■ Exercise requirements: Look through the records, and wherever the string "raised" turns up, copy out that line.

■ Data for analysis:

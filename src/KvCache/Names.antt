-- ===== src/KvCache/Names.antt =====
-- The names of the residual stream's tensors determine the boundary.
use Prim.Native.String.{◌++◌ as ◌<>◌}
use text.Mathlib.TextLemmas.{append_cancel_left}
use graph_extraction.Base.{
  ℕ, ◌+◌, ◌-◌, ◌*◌, ◌/◌, ◌%◌, ◌<◌, ◌≡◌, ◌≢◌, ◌⊎◌, refl, sym, ap, ◌∙◌, String, Bool, true, false,
  Option, ◌==◌, arith, inl, inr, eq_iff, Bool-cases,
}
use graph_extraction.Base.Decimal.{show, read_number, read_number-show}
use graph_extraction.Onnx.{Graph}
use graph_extraction.KvCache.{Result, ok, sublayer_tensor_name, boundary_for_index}

-- The index of a boundary: the inverse of `boundary_for_index`.
abbrev pub index_of : ℕ → Bool → ℕ
index_of layer_idx true = layer_idx * 2 + 1
index_of layer_idx false = layer_idx * 2 + 2

module _ {A : Type 0} (prefix : String) (g : Option (Graph A)) where
  -- The tensor at the j-th boundary.
  abbrev pub boundary_name : ℕ → Result String
  boundary_name j =
      let (layer_idx, boundary) = boundary_for_index j in
      sublayer_tensor_name layer_idx boundary prefix g

  attn_name : ℕ → String
  attn_name l = prefix <> ("." <> (show l <> "/Add_output_0"))

  mlp_name : ℕ → String
  mlp_name l = prefix <> ("." <> (show l <> "/Add_1_output_0"))

  boundary_name_attn : (l : ℕ) → boundary_name (l * 2 + 1) ≡ ok (attn_name l)
  unfolding boundary_for_index sublayer_tensor_name attn_name
  boundary_name_attn l =
      let a : (l * 2 + 1 == 0) ≡ false = ground arith in
      let b : ((l * 2 + 1) % 2 == 1) ≡ true = ground arith in
      let c : (l * 2 + 1 - 1) / 2 ≡ l = omega arith in rw (a, b, c) refl

  boundary_name_mlp : (l : ℕ) → boundary_name (l * 2 + 2) ≡ ok (mlp_name l)
  unfolding boundary_for_index sublayer_tensor_name mlp_name
  boundary_name_mlp l =
      let a : (l * 2 + 2 == 0) ≡ false = ground arith in
      let b : ((l * 2 + 2) % 2 == 1) ≡ false = ground arith in
      let c : (l * 2 + 2) / 2 - 1 ≡ l = omega arith in rw (a, b, c) refl

  index-cases : (j : ℕ) → 0 < j → ((l : ℕ) × (j ≡ l * 2 + 1)) ⊎ ((l : ℕ) × (j ≡ l * 2 + 2))
  index-cases j h = elim (Bool-cases (j % 2 == 1)) [
    | inl t ↦ inl (j / 2, ground arith)
    | inr t ↦ inr (j / 2 - 1, ground arith)
  ]

  -- What a name says after the prefix and the dot.
  tail-eq :
      (k l : ℕ) (s t : String)
      → (prefix <> ("." <> (show k <> s))) ≡ (prefix <> ("." <> (show l <> t)))
      → read_number k s ≡ read_number l t
  tail-eq k l s t e =
      let e' =
        append_cancel_left "." (show k <> s) (show l <> t) (append_cancel_left prefix _ _ e) in
      sym (read_number-show k s) ∙ ap (read_number 0) e' ∙ read_number-show l t

  ok-inj : (s t : String) → ok s ≡ ok t → s ≡ t
  ok-inj s t e = ground (arith, e)

  same_attn : (k l : ℕ) → ok (attn_name k) ≡ ok (attn_name l) → k ≡ l
  unfolding attn_name read_number
  same_attn k l e = ap (λ r. r.0) (tail-eq k l "/Add_output_0" "/Add_output_0" (ok-inj _ _ e))

  same_mlp : (k l : ℕ) → ok (mlp_name k) ≡ ok (mlp_name l) → k ≡ l
  unfolding mlp_name read_number
  same_mlp k l e = ap (λ r. r.0) (tail-eq k l "/Add_1_output_0" "/Add_1_output_0" (ok-inj _ _ e))

  attn-ne-mlp : (k l : ℕ) → ok (attn_name k) ≢ ok (mlp_name l)
  unfolding attn_name mlp_name read_number
  attn-ne-mlp k l e =
      let x =
        ap (λ (r : ℕ × String). r.1)
          (tail-eq k l "/Add_output_0" "/Add_1_output_0" (ok-inj _ _ e)) in
      let y : false ≡ true = (eq_iff "/Add_output_0" "/Add_1_output_0").1 x in
      absurd (ground (arith, y))

  -- Two boundaries behind the embedding that have one name are the same.
  pub boundary_name-inj : (i j : ℕ) → 0 < i → 0 < j → boundary_name i ≡ boundary_name j → i ≡ j
  boundary_name-inj i j hi hj e = elim (index-cases i hi) [
    | inl (k, p) ↦ elim (index-cases j hj) [
      | inl (l, q) ↦
          p ∙ ap (λ n. n * 2 + 1) (same_attn k l (at_attn k p ∙ e ∙ sym (at_attn l q))) ∙ sym q
      | inr (l, q) ↦ absurd (attn-ne-mlp k l (at_attn k p ∙ e ∙ sym (at_mlp l q)))
    ]
    | inr (k, p) ↦ elim (index-cases j hj) [
      | inl (l, q) ↦ absurd (attn-ne-mlp l k (at_attn l q ∙ sym e ∙ sym (at_mlp k p)))
      | inr (l, q) ↦
          p ∙ ap (λ n. n * 2 + 2) (same_mlp k l (at_mlp k p ∙ e ∙ sym (at_mlp l q))) ∙ sym q
    ]
  ]
    where
      at_attn : {n : ℕ} (l : ℕ) → n ≡ l * 2 + 1 → ok (attn_name l) ≡ boundary_name n
      at_attn l q = sym (boundary_name_attn l) ∙ ap boundary_name (sym q)

      at_mlp : {n : ℕ} (l : ℕ) → n ≡ l * 2 + 2 → ok (mlp_name l) ≡ boundary_name n
      at_mlp l q = sym (boundary_name_mlp l) ∙ ap boundary_name (sym q)
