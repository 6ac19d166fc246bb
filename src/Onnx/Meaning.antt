-- ===== src/Onnx/Meaning.antt =====
-- What a graph computes, node by node, and that it does so under other names.
use graph_extraction.Base.{
  ◌≡◌, ◌≢◌, refl, ap, String, Bool-cases, inl, inr, List, [], ◌∷◌, map, str_eq, eq_iff, All,
  if◌then◌else◌, arith,
}
use graph_extraction.Base.Texts.{str_ne}
use graph_extraction.Onnx.{Node, rename_node}

module _ {A V : Type 0} (op : A → List V → List V) where
  -- The tensors at hand, by name.
  abbrev pub Tensors : Type 0
  Tensors = String → V

  unfoldable pub assign : List String → List V → Tensors → Tensors
  assign [] vs env = env
  assign (x ∷ xs) [] env = env
  assign (x ∷ xs) (v ∷ vs) env = assign xs vs (λ y. if str_eq x y then v else env y)

  -- The nodes stand in an order in which they can be run.
  unfoldable pub run : List (Node A) → Tensors → Tensors
  unfolding assign
  run [] env = env
  run (n ∷ ns) env = run ns (assign n.output (op n.attrs (map env n.input)) env)

  module _ (ρ : String → String) (P : String → Type 0)
      (inj : (x y : String) → P x → P y → ρ x ≡ ρ y → x ≡ y) where
    -- The same tensors under other names.
    abbrev pub Agrees : Tensors → Tensors → Type 0
    Agrees env env' = (x : String) → P x → env' (ρ x) ≡ env x

    abbrev pub Named : Node A → Type 0
    Named n = All P n.input × All P n.output

    assign-Agrees :
        (xs : List String) (vs : List V) (env env' : Tensors)
        → All P xs
        → Agrees env env'
        → Agrees (assign xs vs env) (assign (map ρ xs) vs env')
    unfolding assign
    assign-Agrees [] vs env env' h k = k
    assign-Agrees (x ∷ xs) [] env env' h k = k
    assign-Agrees (x ∷ xs) (v ∷ vs) env env' (p, h) k = assign-Agrees xs vs _ _ h (λ y q.
        elim (Bool-cases (str_eq x y)) [
          | inl t ↦
              let e : ρ x ≡ ρ y = ap ρ ((eq_iff x y).0 t) in rw (t, (eq_iff (ρ x) (ρ y)).1 e) refl
          | inr t ↦
              let ne : ρ x ≢ ρ y =
                λ e. absurd (ground (arith, t, (eq_iff x y).1 (inj x y p q e))) in
              rw (t, str_ne (ρ x) (ρ y) ne) (k y q)
        ])

    map-Agrees :
        (xs : List String) (env env' : Tensors)
        → All P xs
        → Agrees env env'
        → map env' (map ρ xs) ≡ map env xs
    map-Agrees [] env env' h k = refl
    map-Agrees (x ∷ xs) env env' (p, h) k = λ i. k x p i ∷ map-Agrees xs env env' h k i

    -- Nodes under other names compute the same tensors under those names.
    pub run-Agrees :
        (ns : List (Node A)) (env env' : Tensors)
        → All Named ns
        → Agrees env env'
        → Agrees (run ns env) (run (map (rename_node ρ) ns) env')
    unfolding run
    run-Agrees [] env env' h k = k
    run-Agrees (n ∷ ns) env env' ((hi, ho), h) k = run-Agrees ns _ _ h (
        rw (map-Agrees n.input env env' hi k)
          (assign-Agrees n.output (op n.attrs (map env n.input)) env env' ho k))
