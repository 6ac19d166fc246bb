-- ===== src/KvCache/Rename.antt =====
-- `_rename_tensor` leaves what the graph computes as it is, under a new name that is not in use.
use graph_extraction.Base.{
  ◌≡◌, ◌≢◌, sym, ◌∙◌, String, Bool-cases, inl, inr, List, str_eq, eq_iff, All, arith,
}
use graph_extraction.Base.Texts.{str_ne, str_eq_self}
use graph_extraction.Onnx.{Node, Graph}
use graph_extraction.Onnx.Meaning.{Agrees, run, run-Agrees}
use graph_extraction.KvCache.{rename, rename_tensor}

rename-inj :
    (old new x y : String) → x ≢ new → y ≢ new → rename old new x ≡ rename old new y → x ≡ y
rename-inj old new x y hx hy e = elim (Bool-cases (str_eq x old)) [
  | inl p ↦ elim (Bool-cases (str_eq y old)) [
    | inl q ↦ (eq_iff x old).0 p ∙ sym ((eq_iff y old).0 q)
    | inr q ↦ absurd (hy (sym (rw (p, q) at e)))
  ]
  | inr p ↦ elim (Bool-cases (str_eq y old)) [
    | inl q ↦ absurd (hx (rw (p, q) at e))
    | inr q ↦ rw (p, q) at e
  ]
]

module _ {A V : Type 0} (op : A → List V → List V) (old new : String) where
  -- A graph whose nodes do not name `new` computes, after `_rename_tensor`, from the tensors under
  -- their new names, every tensor that it has computed before: the one that was called `old` as
  -- `new`, and the others under their own names.
  pub rename_tensor-run :
      (g : Graph A) (env env' : String → V)
      → All (λ (n : Node A). All (λ x. x ≢ new) n.input × All (λ x. x ≢ new) n.output) g.node
      → (env' new ≡ env old)
      → ((x : String) → x ≢ old → x ≢ new → env' x ≡ env x)
      → old ≢ new
      → (run op (rename_tensor old new g).node env' new ≡ run op g.node env old)
        × ((x : String)
            → x ≢ old
            → x ≢ new
            → run op (rename_tensor old new g).node env' x ≡ run op g.node env x)
  unfolding rename_tensor
  rename_tensor-run g env env' fresh eo ex differ =
      let start : Agrees op (rename old new) (λ x. x ≢ new) (rename-inj old new) env env' = λ x h.
        elim (Bool-cases (str_eq x old)) [
          | inl t ↦ rw (t, (eq_iff x old).0 t) eo
          | inr t ↦ rw t (ex x (λ e. absurd (ground (arith, t, (eq_iff x old).1 e))) h)
        ] in
      let end =
        run-Agrees op (rename old new) (λ x. x ≢ new) (rename-inj old new) g.node env env' fresh
          start in
      (rw (str_eq_self old) at (end old differ), λ x h k. rw (str_ne x old h) at (end x k))
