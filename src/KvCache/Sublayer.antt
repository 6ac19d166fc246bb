-- ===== src/KvCache/Sublayer.antt =====
-- `ensure_kv_cache_sublayer` again, once its file is there.
use graph_extraction.Base.{
  ℕ, ◌+◌, ◌≡◌, ◌≢◌, ◌⊎◌, refl, sym, ap, ◌∙◌, subst, String, Bool, false, ◌||◌, Bool-cases,
  Option-cases, inl, inr, Option, some, List, [], ◌∷◌, map, str_eq, All, All-mono, arith,
}
use graph_extraction.Base.Dict.{lookup, insert, lookup-insert}
use graph_extraction.Base.Texts.{mem, str_ne, str_eq_self}
use graph_extraction.Config.{ModelConfig}
use graph_extraction.Onnx.{Graph}
use graph_extraction.KvCache.{Result, ok, raised, rename, rename_tensor}
use graph_extraction.KvCache.Files.{
  Onnx, KvSublayer, hidden_in, hidden_out, without, used_names, keep_inputs, attention_layer,
  kv_cache_model_path, kv_cache_sublayer_path, Files, boundary_tensor, cut, extract_sublayer,
  cached_sublayer, ensure_kv_cache_sublayer,
}

-- What the documentation says of the extractor: the inputs of the graph are the names asked for.
pub record IsExtractor {A : Type 0} (onnx : Onnx A) : Type 0 where
  pub inputs :
      (g g' : Graph A) (ins outs : List String)
      → onnx.extract_model g ins outs ≡ ok g'
      → g'.input ≡ ins

-- Neither the name that the first boundary gets nor the one that the second has.
abbrev pub IsPlain : String → String → Type 0
IsPlain out_name i = (i ≢ hidden_in) × (i ≢ out_name)

module _ (in_name out_name : String) (apart : in_name ≢ out_name)
    (other : out_name ≢ hidden_in) where
  renamed : String → String
  renamed i = rename out_name hidden_out (rename in_name hidden_in i)

  -- The inputs besides the boundary are the same before and after the renaming.
  without-renamed :
      (is : List String)
      → All (λ i. (i ≡ in_name) ⊎ IsPlain out_name i) is
      → without hidden_in (map renamed is) ≡ without in_name is
  unfolding without renamed
  without-renamed [] h = refl
  without-renamed (i ∷ is) (inl e, h) =
      rw (e, str_eq_self in_name, str_ne hidden_in out_name (λ k. other (sym k)))
        (without-renamed is h)
  without-renamed (i ∷ is) (inr (a, b), h) = elim (Bool-cases (str_eq i in_name)) [
    | inl t ↦ rw (t, str_ne hidden_in out_name (λ k. other (sym k))) (without-renamed is h)
    | inr t ↦
        rw (t, str_ne i out_name b, str_ne i hidden_in a) (ap (λ xs. i ∷ xs) (without-renamed is h))
  ]

All-keep_inputs :
    (P : String → Type 0) (in_name : String) (used is : List String)
    → All P is
    → All P (keep_inputs in_name used is)
unfolding keep_inputs
All-keep_inputs P in_name used [] h = tt
All-keep_inputs P in_name used (i ∷ is) (p, h) =
    elim (Bool-cases (str_eq i in_name || mem i used)) [
      | inl t ↦ rw t (p, All-keep_inputs P in_name used is h)
      | inr t ↦ rw t (All-keep_inputs P in_name used is h)
    ]

map-map : (f g : String → String) (xs : List String) → map f (map g xs) ≡ map (λ x. f (g x)) xs
map-map f g [] = refl
map-map f g (x ∷ xs) = ap (λ ys. f (g x) ∷ ys) (map-map f g xs)

ok-inj : {B : Type 0} {a b : B} → ok a ≡ ok b → a ≡ b
ok-inj {B} {a} {b} e = ap (λ r. elim r [ ok x ↦ x | raised y ↦ a ]) e

module _ {A : Type 0} (onnx : Onnx A) (cfg : ModelConfig) (node : String)
    (law : IsExtractor onnx) where
  module _ (g : Graph A) (j_in : ℕ) (in_name out_name : String)
      (at_in : boundary_tensor onnx cfg node g j_in ≡ ok in_name)
      (at_out : boundary_tensor onnx cfg node g (j_in + 1) ≡ ok out_name)
      (apart : in_name ≢ out_name) (other : out_name ≢ hidden_in)
      (plain : All (IsPlain out_name) g.input) where
    -- What is read back from the file is what was returned when it was written.
    cut-cached :
        (path : String) (e : Graph A)
        → e.input ≡ in_name ∷ g.input
        → cached_sublayer onnx cfg node j_in path (cut onnx cfg node in_name out_name e) ≡ record {
          path = path;
          j_in = j_in;
          layer_idx = attention_layer j_in;
          extra_inputs = without in_name (keep_inputs in_name (used_names e.node) e.input);
        }
    unfolding rename_tensor
    cut-cached path e x =
        let kept = keep_inputs in_name (used_names e.node) e.input in
        let kinds : All (λ i. (i ≡ in_name) ⊎ IsPlain out_name i) e.input =
          subst (All (λ i. (i ≡ in_name) ⊎ IsPlain out_name i)) (sym x) (
            inl refl,
            All-mono (IsPlain out_name) (λ i. (i ≡ in_name) ⊎ IsPlain out_name i) g.input
                (λ i p. inr p) plain,
          ) in
        let same : without hidden_in
              (map (rename out_name hidden_out) (map (rename in_name hidden_in) kept))
            ≡ without in_name kept =
          ap (without hidden_in)
            (map-map (rename out_name hidden_out) (rename in_name hidden_in) kept)
          ∙ unfold renamed in
            without-renamed in_name out_name apart other kept (
              All-keep_inputs (λ i. (i ≡ in_name) ⊎ IsPlain out_name i) in_name (used_names e.node)
                e.input kinds) in
        ap
          (λ (xs : List String). record {
            path = path;
            j_in = j_in;
            layer_idx = attention_layer j_in;
            extra_inputs = xs;
          })
          same

    extract_sublayer-cached :
        (path : String) (s s' : Files onnx cfg node) (sub : KvSublayer)
        → extract_sublayer onnx cfg node j_in path g s ≡ ok (sub, s')
        → (c : Graph A) × (s' ≡ insert path c s) × (cached_sublayer onnx cfg node j_in path c ≡ sub)
    unfolding extract_sublayer
    extract_sublayer-cached path s s' sub h =
        finish (onnx.extract_model (onnx.infer_shapes g) (in_name ∷ g.input) (out_name ∷ [])) refl
      where
        finish :
            (r : Result (Graph A))
            → onnx.extract_model (onnx.infer_shapes g) (in_name ∷ g.input) (out_name ∷ []) ≡ r
            → (c : Graph A) × (s' ≡ insert path c s)
              × (cached_sublayer onnx cfg node j_in path c ≡ sub)
        finish (raised e) x = absurd (ground (arith, rw (at_in, at_out, x) at h))
        finish (ok e) x =
            let sub' : KvSublayer = record {
              path = path;
              j_in = j_in;
              layer_idx = attention_layer j_in;
              extra_inputs = without in_name (keep_inputs in_name (used_names e.node) e.input);
            } in
            let c = cut onnx cfg node in_name out_name e in
            let y : ok (sub', insert path c s) ≡ ok (sub, s') = rw (at_in, at_out, x) at h in
            let p : sub' ≡ sub = ap (λ r. r.0) (ok-inj y) in
            let q : insert path c s ≡ s' = ap (λ r. r.1) (ok-inj y) in
            (c, sym q, cut-cached path e (law.inputs _ e _ _ x) ∙ p)

    -- Where the extractor gives a model the inputs it is asked for, the base model is there and has
    -- the two boundaries, their names differ, the second is not called `hidden_in`, and no input of
    -- the model is called `hidden_in` or like the second boundary: what `ensure_kv_cache_sublayer`
    -- returns when it writes the file, or finds it, a further call without `force` returns too, and
    -- it leaves the files as they are.
    pub ensure_kv_cache_sublayer_again :
        (out_dir : Option String) (force : Bool) (s s' : Files onnx cfg node) (sub : KvSublayer)
        → lookup (kv_cache_model_path cfg node) s ≡ some g
        → ensure_kv_cache_sublayer onnx cfg node j_in out_dir force s ≡ ok (sub, s')
        → ensure_kv_cache_sublayer onnx cfg node j_in out_dir false s' ≡ ok (sub, s')
    unfolding ensure_kv_cache_sublayer
    ensure_kv_cache_sublayer_again out_dir force s s' sub m h =
        elim (Option-cases (lookup path s)) [
          | inl x ↦ written (rw (m, x) at h)
          | inr (c, x) ↦ elim (Bool-cases force) [
            | inl t ↦ written (rw (m, x, t) at h)
            | inr t ↦
                let y : ok (cached_sublayer onnx cfg node j_in path c, s) ≡ ok (sub, s') =
                  rw (m, x, t) at h in
                let p = ap (λ r. r.1) (ok-inj y) in
                subst
                  (λ u. ensure_kv_cache_sublayer onnx cfg node j_in out_dir false u ≡ ok (sub, u)) p
                  (rw (m, x) (ap (λ r. ok (r.0, s)) (ok-inj y)))
          ]
        ]
      where
        path : String
        path = kv_cache_sublayer_path cfg node j_in out_dir

        found :
            (c : Graph A)
            → s' ≡ insert path c s
            → (k : Graph A) × (lookup (kv_cache_model_path cfg node) s' ≡ some k)
        found c e = elim (Bool-cases (str_eq path (kv_cache_model_path cfg node))) [
          | inl t ↦ (c, rw (e, lookup-insert, t) refl)
          | inr t ↦ (g, rw (e, lookup-insert, t) m)
        ]

        written :
            extract_sublayer onnx cfg node j_in path g s ≡ ok (sub, s')
            → ensure_kv_cache_sublayer onnx cfg node j_in out_dir false s' ≡ ok (sub, s')
        written w =
            let (c, e, k) = extract_sublayer-cached path s s' sub w in
            let (b, l) = found c e in
            let there : lookup path s' ≡ some c = rw (e, lookup-insert, str_eq_self path) refl in
            rw (l, there) (ap (λ r. ok (r, s')) k)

■ Task answer:
use graph_extraction.KvCache.{Result, ok, raised, rename, rename_tensor}
ok-inj {B} {a} {b} e = ap (λ r. elim r [ ok x ↦ x | raised y ↦ a ]) e
        finish (raised e) x = absurd (ground (arith, rw (at_in, at_out, x) at h))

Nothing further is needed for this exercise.